[Exercise brief]
Scan the entries for the word "abbrev" and return every line that has it.
---+---
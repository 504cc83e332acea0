-- ===== src/Poll/Answers.antt =====
-- The answers of the database that come by the control pipe, for open connections and for those already removed.
use smtp_course_work.Base.{
  ℕ, ◌+◌, ◌≤◌, ◌<◌, ◌≡◌, refl, ap, ◌∙◌, true, Option, none, some, List, [], ◌∷◌, ◌++◌, Outcome,
  done, Bytes, length, arith, Option-cases, inl, inr, append_assoc, ◌>>=◌, ◌==◌, if◌then◌else◌, suc,
}
use smtp_course_work.Stailq.{Stailq}
use smtp_course_work.Telnet.{suffix}
use smtp_course_work.WrBuffer.{WrBuffer, wrbuffer_add}
use smtp_course_work.Cnct.{Cnct, CnctState, cnct_shut, cnct_open, cnct_wait, is_open, dec_queue_cnt}
use smtp_course_work.Cnct.Lifetime.{
  Settled, IsSettled, counted_down, is_open-counted_down, dec_queue_cnt_done, Settled-after_state,
}
use smtp_course_work.Poll.{Slot, Answer, add_value, answer_slot}
use smtp_course_work.Poll.Slots.{IsSlot, Matches}

-- the strings that an answer is sent as, where its two allocations succeed: the value, if there is one, and the suffix
abbrev pub answer_strings : Option Bytes → List Bytes
answer_strings none = suffix ∷ []
answer_strings (some v) = v ∷ suffix ∷ []

module _ (sq : Stailq Bytes) where
  open sq use {view, insert_tail, view-insert_tail}

  -- what `answer_slot` leaves of a slot, by its descriptor
  abbrev answered : Answer → Slot sq → Cnct → Slot sq
  answered a s c = record s {
    cnct = c;
    wants_out = true;
    wrbuf = (wrbuffer_add sq a.got_suffix (add_value sq a.got_value s.wrbuf a.value) suffix).1;
  }

  answer_slot-none :
      (a : Answer) (s : Slot sq) (c : Cnct)
      → s.fd ≡ none
      → dec_queue_cnt s.cnct ≡ done c
      → answer_slot sq a s ≡ done (record s { cnct = c })
  unfolding answer_slot
  answer_slot-none a s c h e =
      rw (e, h, answer_slot) (ap (λ f. done (record s { fd = f; cnct = c })) h)

  answer_slot-some :
      (a : Answer) (s : Slot sq) (c : Cnct) (fd : ℕ)
      → s.fd ≡ some fd
      → dec_queue_cnt s.cnct ≡ done c
      → answer_slot sq a s ≡ done (answered a s c)
  unfolding answer_slot
  answer_slot-some a s c fd h e =
      rw (e, h, answer_slot) (ap (λ f. done (record (answered a s c) { fd = f })) h)

  view_strings :
      (b : WrBuffer sq) (value : Option Bytes)
      → view (wrbuffer_add sq true (add_value sq true b value) suffix).1.queue
        ≡ view b.queue ++ answer_strings value
  unfolding wrbuffer_add add_value
  view_strings b none = view-insert_tail b.queue suffix
  view_strings b (some v) =
      view-insert_tail (insert_tail b.queue v) suffix
      ∙ ap (λ l. l ++ suffix ∷ []) (view-insert_tail b.queue v)
      ∙ append_assoc (view b.queue) (v ∷ []) (suffix ∷ [])

  view-answered :
      (a : Answer) (s : Slot sq) (c : Cnct)
      → a.got_value ≡ true
      → a.got_suffix ≡ true
      → view (answered a s c).wrbuf.queue ≡ view s.wrbuf.queue ++ answer_strings a.value
  view-answered a s c v f = rw (v, f) (view_strings s.wrbuf a.value)

  Matches-counted_down :
      (fd : Option ℕ) (c : Cnct) → Matches fd c.state → Matches fd (counted_down c).state
  Matches-counted_down none c h = is_open-counted_down c ∙ h
  Matches-counted_down (some fd) c h = is_open-counted_down c ∙ h

  IsSettled-counted_down : (c : Cnct) → IsSettled c → 0 < c.queue_cnt → IsSettled (counted_down c)
  IsSettled-counted_down c v p = record {
    settled = Settled-after_state c.state c.queue_cnt p v.settled;
  }

  -- Where an answer is awaited, a request of the control pipe counts it down in a well-formed slot and leaves the
  -- slot well formed, with its descriptor. Where the connection is open, the value, if there is one, and the suffix
  -- go behind what is to be sent, given the memory for it, and the slot is polled for output; where it has been
  -- removed, the answer is dropped, and nothing comes to be sent.
  pub answer_slot_lem :
      (a : Answer) (s : Slot sq)
      → IsSlot sq s
      → 0 < s.cnct.queue_cnt
      → (s' : Slot sq) × (answer_slot sq a s ≡ done s')
        × IsSlot sq s'
        × (s'.fd ≡ s.fd)
        × (s'.cnct.queue_cnt + 1 ≡ s.cnct.queue_cnt)
        × (s.fd ≡ none → s'.wrbuf ≡ s.wrbuf)
        × ((fd : ℕ)
            → s.fd ≡ some fd
            → a.got_value ≡ true
            → a.got_suffix ≡ true
            → (s'.wants_out ≡ true)
              × (view s'.wrbuf.queue ≡ view s.wrbuf.queue ++ answer_strings a.value))
  answer_slot_lem a s v p = elim (Option-cases s.fd) [
    | inl gone ↦ (
      record s { cnct = counted_down s.cnct },
      answer_slot-none a s (counted_down s.cnct) gone (dec_queue_cnt_done s.cnct p),
      record {
        settled = IsSettled-counted_down s.cnct v.settled p;
        matches = Matches-counted_down s.fd s.cnct v.matches;
        idle = v.idle;
      },
      refl,
      omega arith,
      λ e. refl,
      λ fd here. absurd (ground (arith, gone, here)),
    )
    | inr (fd, here) ↦ (
      answered a s (counted_down s.cnct),
      answer_slot-some a s (counted_down s.cnct) fd here (dec_queue_cnt_done s.cnct p),
      record {
        settled = IsSettled-counted_down s.cnct v.settled p;
        matches = Matches-counted_down s.fd s.cnct v.matches;
        idle = λ gone. absurd (ground (arith, gone, here));
      },
      refl,
      omega arith,
      λ gone. absurd (ground (arith, gone, here)),
      λ fd' here' g h. (refl, view-answered a s (counted_down s.cnct) g h),
    )
  ]

  -- the requests to one slot, one after the other
  unfoldable pub answer_all : List Answer → Slot sq → Outcome (Slot sq)
  answer_all [] s = done s
  answer_all (a ∷ requests) s = answer_slot sq a s >>= λ s'. answer_all requests s'

  zero_flip : (n : ℕ) → (n == 0) ≡ (0 == n)
  zero_flip n = ground arith

  closed_state :
      (fd : Option ℕ) (st : CnctState) (n : ℕ)
      → Matches fd st
      → fd ≡ none
      → Settled st n
      → st ≡ (if n == 0 then cnct_shut else cnct_wait)
  unfolding is_open
  closed_state fd cnct_shut n m gone h = rw h refl
  closed_state none cnct_open n m gone h = absurd (ground (arith, m))
  closed_state (some fd) cnct_open n m gone h = absurd (ground (arith, gone))
  closed_state fd cnct_wait n m gone h = ground arith

  -- What is left of a slot whose connection has been removed, when some of the answers that its client was owed have
  -- come: it waits while answers are still to come, so that it is not free for a next client, and is shut exactly
  -- when the last of them has come; nothing of them comes to be sent. None of them stops the process.
  pub late_answers :
      (requests : List Answer) (s : Slot sq)
      → IsSlot sq s
      → s.fd ≡ none
      → length requests ≤ s.cnct.queue_cnt
      → (s' : Slot sq) × (answer_all requests s ≡ done s')
        × (s'.fd ≡ none)
        × (s'.cnct.queue_cnt + length requests ≡ s.cnct.queue_cnt)
        × (s'.cnct.state ≡ (if length requests == s.cnct.queue_cnt then cnct_shut else cnct_wait))
        × (view s'.wrbuf.queue ≡ [])
  unfolding answer_all
  late_answers [] s v gone n = (
    s,
    refl,
    gone,
    omega arith,
    closed_state s.fd s.cnct.state s.cnct.queue_cnt v.matches gone v.settled.settled
        ∙ (λ i. if zero_flip s.cnct.queue_cnt i then cnct_shut else cnct_wait),
    v.idle gone,
  )
  late_answers (a ∷ requests) s v gone n =
      let step = answer_slot_lem a s v (omega arith) in
      let ih = late_answers requests step.0 step.2 (step.3 ∙ gone) (omega (arith, step.4)) in
      let one_less : (length requests == step.0.cnct.queue_cnt)
          ≡ (suc (length requests) == s.cnct.queue_cnt) =
        ground (arith, step.4) in
      (
        ih.0,
        rw step.1 ih.1,
        ih.2,
        omega (arith, ih.3, step.4),
        ih.4 ∙ (λ i. if one_less i then cnct_shut else cnct_wait),
        ih.5,
      )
---+---
[Output for this task]
abbrev pub answer_strings : Option Bytes → List Bytes
  abbrev answered : Answer → Slot sq → Cnct → Slot sq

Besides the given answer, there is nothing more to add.